I have gone through the facts and submissions made by the appellant and am of the view that in terms of the decision of Hon’ble Delhi High Court in case of Maxopp Investment Ltd vs CIT [2011] 15 Taxmann.com 390 (Delhi) it is imperative for the AO to record his satisfaction with regard to the correctness of the assessee’s claim with regard to Section 14A(2) of the IT Act, before embarking upon application of Rule 8D(2)(ii). Additionally, it is also seen that in the facts of the case while the assessee has made a suo motu disallowance of Rs. 3,43,030/- but then the balance expense of Rs. 5,18,810/- cannot be treated or held as incurred in relation to earning of exempt income. In this regard reliance is placed on the decision in Bengal & Assam Co. Ltd. dated 22.07.2014 wherein the Hon’ble ITAT has cited with approval the decision of ITAT Mumbai in the case of Udhav Holdings Pvt.
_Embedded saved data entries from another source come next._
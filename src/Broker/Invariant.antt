-- ===== src/Broker/Invariant.antt =====
-- The records stay consistent, whatever requests are served and whichever calls fail.
use osb_opengauss_go.Prelude.{◌≡◌, sym, ◌∙◌, subst, some, List, [], ◌∷◌, Text, All}
use osb_opengauss_go.Result.{ok, ok-injective}
use osb_opengauss_go.World.{World}
use osb_opengauss_go.Names.{names_for}
use osb_opengauss_go.Params.{Plan, InstanceParams}
use osb_opengauss_go.Params.Bounds.{HasQuotas, IsWithin}
use osb_opengauss_go.State.{InstanceRecord, BindingRecord}
use osb_opengauss_go.Broker.{Broker, find_plan}
use osb_opengauss_go.Broker.Rows.{Rows, Views, rows, IsStore}
use osb_opengauss_go.Broker.Spec.{
  requoted, IsPlanned, IsConsistent, Step, stay, provisioned, updated, deprovisioned, bound,
  unbound,
}
use osb_opengauss_go.Broker.Served.{serve-Step}
use osb_opengauss_go.Broker.Requests.{Request, serve, serve_all}
use osb_opengauss_go.Broker.Entries.{still_there, after_setting, after_removing, kept}

module _ {F I B S R : Type 0} (b : Broker F I B S R) where
  requoted-IsPlanned :
      (id : Text) (old : InstanceRecord) (requested : InstanceParams) (p : Plan)
      → IsPlanned b old
      → old.instance_id ≡ id
      → find_plan b.catalog.plans old.plan_id ≡ ok p
      → IsWithin p requested
      → IsPlanned b (record old { instance_id = id; params = requoted old.params requested })
  requoted-IsPlanned id old requested p h same found within =
      let plan_same : h.plan ≡ p = ok-injective (sym h.found ∙ found) in
      let old_within : IsWithin p old.params =
        subst (λ q. IsWithin q old.params) plan_same h.within in
      record {
        plan = p;
        found = found;
        within = record {
          compatibility = old_within.compatibility;
          encoding = old_within.encoding;
          some_connections = within.some_connections;
          within_connections = within.within_connections;
          some_storage = within.some_storage;
          within_storage = within.within_storage;
        };
        names = h.names;
        named =
            subst (λ i. names_for b.hash i b.cfg.name_prefix old.params.name ≡ ok h.names) same
              h.named;
        database = h.database;
      }

  module _ (s t : Rows) (c : IsConsistent b s) where
    anchored_still :
        ((k : Text) (r : InstanceRecord)
          → s.instances k ≡ some r
          → (x : InstanceRecord) × (t.instances k ≡ some x))
        → (k : Text) (r : BindingRecord) → s.bindings k ≡ some r
        → (x : InstanceRecord) × (t.instances r.instance_id ≡ some x)
    anchored_still keep k r h = let (i, there) = c.anchored k r h in keep r.instance_id i there

    Step-IsConsistent : Step b s t → IsConsistent b t
    Step-IsConsistent (stay same_instances same_bindings) = record {
      keyed = λ k r h. c.keyed k r (sym (same_instances k) ∙ h);
      planned = λ k r h. c.planned k r (sym (same_instances k) ∙ h);
      anchored = λ k r h.
          anchored_still (λ j i e. (i, same_instances j ∙ e)) k r (sym (same_bindings k) ∙ h);
    }
    Step-IsConsistent (provisioned new free planned set same_bindings) = record {
      keyed = λ k r.
          after_setting (λ x. x.instance_id ≡ k) s.instances t.instances new.instance_id new k r
            (set k) (λ e. e) (c.keyed k r);
      planned = λ k r.
          after_setting (IsPlanned b) s.instances t.instances new.instance_id new k r (set k)
            (λ e. planned) (c.planned k r);
      anchored = λ k r h.
          anchored_still
            (λ j i. still_there s.instances t.instances new.instance_id new j i (set j)) k r
            (sym (same_bindings k) ∙ h);
    }
    Step-IsConsistent (updated id old requested p there found within set same_bindings) =
        let new = record old { instance_id = id; params = requoted old.params requested } in
        record {
          keyed = λ k r.
              after_setting (λ x. x.instance_id ≡ k) s.instances t.instances id new k r (set k)
                (λ e. e) (c.keyed k r);
          planned = λ k r.
              after_setting (IsPlanned b) s.instances t.instances id new k r (set k)
                (λ e.
                  requoted-IsPlanned id old requested p (c.planned id old there)
                    (c.keyed id old there) found within)
                (c.planned k r);
          anchored = λ k r h.
              anchored_still (λ j i. still_there s.instances t.instances id new j i (set j)) k r
                (sym (same_bindings k) ∙ h);
        }
    Step-IsConsistent (deprovisioned id free set same_bindings) =
        let before : (k : Text) (r : InstanceRecord)
            → t.instances k ≡ some r
            → s.instances k ≡ some r =
          λ k r. after_removing s.instances t.instances id k r (set k) in
        record {
          keyed = λ k r h. c.keyed k r (before k r h);
          planned = λ k r h. c.planned k r (before k r h);
          anchored = λ k r h.
              let was = sym (same_bindings k) ∙ h in
              let (i, there) = c.anchored k r was in
              (i, (set r.instance_id ∙ kept s.instances id r.instance_id (free k r was)) ∙ there);
        }
    Step-IsConsistent (bound new i free there same_instances set) = record {
      keyed = λ k r h. c.keyed k r (sym (same_instances k) ∙ h);
      planned = λ k r h. c.planned k r (sym (same_instances k) ∙ h);
      anchored = λ k r.
          after_setting (λ x. (y : InstanceRecord) × (t.instances x.instance_id ≡ some y))
            s.bindings t.bindings new.binding_id new k r (set k)
            (λ e. (i, same_instances new.instance_id ∙ there))
            (anchored_still (λ j x e. (x, same_instances j ∙ e)) k r);
    }
    Step-IsConsistent (unbound id same_instances set) = record {
      keyed = λ k r h. c.keyed k r (sym (same_instances k) ∙ h);
      planned = λ k r h. c.planned k r (sym (same_instances k) ∙ h);
      anchored = λ k r h.
          anchored_still (λ j x e. (x, same_instances j ∙ e)) k r
            (after_removing s.bindings t.bindings id k r (set k) h);
    }

module _ {F I B S R : Type 0} (b : Broker F I B S R) (v : Views I B)
    (laws : IsStore v b.store) where
  module _ (quotas : All HasQuotas b.catalog.plans) where
    -- Whatever requests the platform sends, and whichever calls of the store, of the server and of
    -- the random source fail in between: if every instance record stands under its id, names a plan
    -- of the catalog, has parameters within that plan and the database that its id and name give,
    -- and every binding record is one of a recorded instance, then all of this holds afterwards. The
    -- store's tables are assumed to be tables, and every plan of the catalog to have quotas from
    -- 1 to below 2^53.
    pub serve_all-IsConsistent :
        (requests : List Request) (w : World I B S R)
        → IsConsistent b (rows v w)
        → IsConsistent b (rows v (serve_all b requests w))
    unfolding serve_all
    serve_all-IsConsistent [] w c = c
    serve_all-IsConsistent (r ∷ rs) w c =
        serve_all-IsConsistent rs (serve b r w)
          (Step-IsConsistent b (rows v w) (rows v (serve b r w)) c (serve-Step b v laws quotas r w))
Ltd. vs ACIT [2014] 1 TMI 1134- ITAT Mumbai wherein it is held that the expenditure related to legal & Profession charges, auditors remuneration, depreciation and bank charges and rates and taxes are in any wav required to be incurred for the maintenance and running of corporate office and other business of the assessee and cannot be said to be attributable to earning of exempt income . Further in the case of Modern Info Technology Ltd in reported in 2012- TIOL-644_ITAT-Del. the Hon’ble ITAT has held that disallowance under section 14A cannot exceed the total actual expenditure incurred and claimed by the assessee. Applying the ratio of the above decisions to the facts of the appellant case the appeal is allowed and the excess additions made in terms of Rule 8D for an amount of Rs. 6,47,21,925/- is directed to be deleted. As a logical corollary this addition would also be required to be deleted in computing book profit under section 115JB of the IT Act”
The CIT(A) has given detailed finding, therefore, there is no need to interfere with the same. The order of the CIT(A) is upheld.
In result, appeal of the Revenue is dismissed.